Before you tell me the work is done:

1. **Run the unit tests.** All structural assertions on segment shape must pass.
2. **Print the wire log for one sample turn.** I want to see the per-segment log line with `t_since_user` for `seq=0 final=False` — that's the headline metric. Target: under one second for short replies.
3. **Run a 5-turn live conversation on the actual target device** (not localhost in your dev browser — the device that real users will use). Count the seconds between "you stop talking" and "agent's first audible word." Target: ~1.0–1.5 seconds.
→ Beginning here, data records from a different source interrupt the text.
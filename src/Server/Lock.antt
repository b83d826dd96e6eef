-- ===== src/Server/Lock.antt =====
-- The readers-writer lock of the server: reader_lock, reader_unlock, writer_lock and writer_unlock
-- (T1/server/Server.cpp). A step is what a thread does while it holds `data_mutex`. A thread that
-- waits on a condition variable is asleep until it is notified, or wakes by itself; then it checks
-- the condition of its `wait` again.
pub mod Count
pub mod Moves
pub mod Exclusion
pub mod Progress
use sis_op_ii.Common.{
  ℕ, ◌+◌, ◌-◌, ◌≡◌, ◌⊎◌, Bool, true, false, ◌&&◌, not, Option, none, some, List, [], ◌∷◌, ◌==◌,
  if◌then◌else◌, get_elem?, modify, replicate, map,
}

pub record Lock : Type 0 where
  pub readers_count : ℕ
  pub writer_active : Bool
  pub writers_waiting : ℕ

-- As the constructor sets it.
abbrev pub free : Lock
free = record { readers_count = 0; writer_active = false; writers_waiting = 0 }

-- The check of the `wait` and what follows it; `none` waits.
unfoldable pub reader_lock : Lock → Option Lock
reader_lock l =
    if not l.writer_active && (l.writers_waiting == 0)
    then some (record l { readers_count = l.readers_count + 1 })
    else none

unfoldable pub reader_unlock : Lock → Lock
reader_unlock l = record l { readers_count = l.readers_count - 1 }

-- writer_lock up to its `wait`.
unfoldable pub writer_arrive : Lock → Lock
writer_arrive l = record l { writers_waiting = l.writers_waiting + 1 }

-- writer_lock from its `wait` on.
unfoldable pub writer_enter : Lock → Option Lock
writer_enter l =
    if (l.readers_count == 0) && not l.writer_active
    then some (record l { writers_waiting = l.writers_waiting - 1; writer_active = true })
    else none

unfoldable pub writer_unlock : Lock → Lock
writer_unlock l = record l { writer_active = false }

-- Where a thread is: outside; in the `wait` of reader_lock, asleep or notified; between reader_lock
-- and reader_unlock; and the same for a writer.
pub data Phase : Type 0 where
  outside reader_asleep reader_awake reading writer_asleep writer_awake writing : Phase

pub record System : Type 0 where
  pub lock : Lock
  pub threads : List Phase

-- Thread i goes to `after`.
abbrev pub goes : List Phase → ℕ → Phase → List Phase
goes ts i after = modify i (λ _. after) ts

abbrev pub sleeping_writer : Phase → ℕ
sleeping_writer Phase.writer_asleep = 1
sleeping_writer _ = 0

abbrev pub total : (Phase → ℕ) → List Phase → ℕ
total f [] = 0
total f (a ∷ ts) = f a + total f ts

-- `writer_cv.notify_one()`: some writer that is asleep, if there is one.
pub data NotifiesOne (ts : List Phase) : List Phase → Type 0 where
  nobody : total sleeping_writer ts ≡ 0 → NotifiesOne ts ts
  wakes :
      (k : ℕ)
      → get_elem? ts k ≡ some Phase.writer_asleep
      → NotifiesOne ts (goes ts k Phase.writer_awake)

-- `reader_cv.notify_all()`.
abbrev pub wake_reader : Phase → Phase
wake_reader Phase.reader_asleep = Phase.reader_awake
wake_reader a = a

abbrev pub notify_all : List Phase → List Phase
notify_all [] = []
notify_all (a ∷ ts) = wake_reader a ∷ notify_all ts

-- The notification at the end of reader_unlock, and of writer_unlock.
abbrev pub AfterReader : Lock → List Phase → List Phase → Type 0
AfterReader l ts ts' =
    ((l.readers_count ≡ 0) × NotifiesOne ts ts') ⊎ ((l.readers_count == 0 ≡ false) × (ts' ≡ ts))

abbrev pub AfterWriter : Lock → List Phase → List Phase → Type 0
AfterWriter l ts ts' =
    ((l.writers_waiting == 0 ≡ false) × NotifiesOne ts ts')
    ⊎ ((l.writers_waiting ≡ 0) × (ts' ≡ notify_all ts))

-- A thread that checks the condition of reader_lock.
pub data ChecksReading : Phase → Type 0 where
  first_check : ChecksReading Phase.outside
  later_check : ChecksReading Phase.reader_awake

pub data Step (s : System) : System → Type 0 where
  start_reading :
      (i : ℕ) (before : Phase) (l : Lock)
      → ChecksReading before
      → get_elem? s.threads i ≡ some before
      → reader_lock s.lock ≡ some l
      → Step s (record { lock = l; threads = goes s.threads i Phase.reading })
  wait_reading :
      (i : ℕ) (before : Phase)
      → ChecksReading before
      → get_elem? s.threads i ≡ some before
      → reader_lock s.lock ≡ none
      → Step s (record s { threads = goes s.threads i Phase.reader_asleep })
  stop_reading :
      (i : ℕ) (ts : List Phase)
      → get_elem? s.threads i ≡ some Phase.reading
      → AfterReader (reader_unlock s.lock) (goes s.threads i Phase.outside) ts
      → Step s (record { lock = reader_unlock s.lock; threads = ts })
  start_writing :
      (i : ℕ) (l : Lock)
      → get_elem? s.threads i ≡ some Phase.outside
      → writer_enter (writer_arrive s.lock) ≡ some l
      → Step s (record { lock = l; threads = goes s.threads i Phase.writing })
  wait_writing :
      (i : ℕ)
      → get_elem? s.threads i ≡ some Phase.outside
      → writer_enter (writer_arrive s.lock) ≡ none
      → Step s
          (record { lock = writer_arrive s.lock; threads = goes s.threads i Phase.writer_asleep })
  resume_writing :
      (i : ℕ) (l : Lock)
      → get_elem? s.threads i ≡ some Phase.writer_awake
      → writer_enter s.lock ≡ some l
      → Step s (record { lock = l; threads = goes s.threads i Phase.writing })
  wait_again :
      (i : ℕ)
      → get_elem? s.threads i ≡ some Phase.writer_awake
      → writer_enter s.lock ≡ none
      → Step s (record s { threads = goes s.threads i Phase.writer_asleep })
  stop_writing :
      (i : ℕ) (ts : List Phase)
      → get_elem? s.threads i ≡ some Phase.writing
      → AfterWriter (writer_unlock s.lock) (goes s.threads i Phase.outside) ts
      → Step s (record { lock = writer_unlock s.lock; threads = ts })
  wake_reading :
      (i : ℕ)
      → get_elem? s.threads i ≡ some Phase.reader_asleep
      → Step s (record s { threads = goes s.threads i Phase.reader_awake })
  wake_writing :
      (i : ℕ)
      → get_elem? s.threads i ≡ some Phase.writer_asleep
      → Step s (record s { threads = goes s.threads i Phase.writer_awake })

abbrev pub initial : ℕ → System
initial n = record { lock = free; threads = replicate n Phase.outside }

-- What so many threads can reach.
pub data Reaches (n : ℕ) : System → Type 0 where
  at_start : Reaches n (initial n)
  after : (s s' : System) → Reaches n s → Step s s' → Reaches n s'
4. **Test interruption.** Mid-response, trigger your stop signal. Verify the queue empties, the in-flight fetch aborts, and no audio leaks past the stop.
5. **Test a very short reply** ("Yes." / "Got it.") — this is one sentence so it should still work end-to-end with `is_final` on the only segment.
6. **Test a long reply with tool calls.** If the LLM produces text both before and after a tool call (e.g. "Let me check that. ... Found three items."), the pre-tool text should be spoken live, then the tool runs, then the post-tool text plays. This is the side-benefit of streaming — explicitly verify it doesn't regress.

Then tell me: what's the new headline `t_since_user` number, what's the realistic floor of further wins available, and whether any of the smaller knobs (TTS streaming confirmation, direct-streaming playback, model swap, persistent TTS connection) are worth picking up next.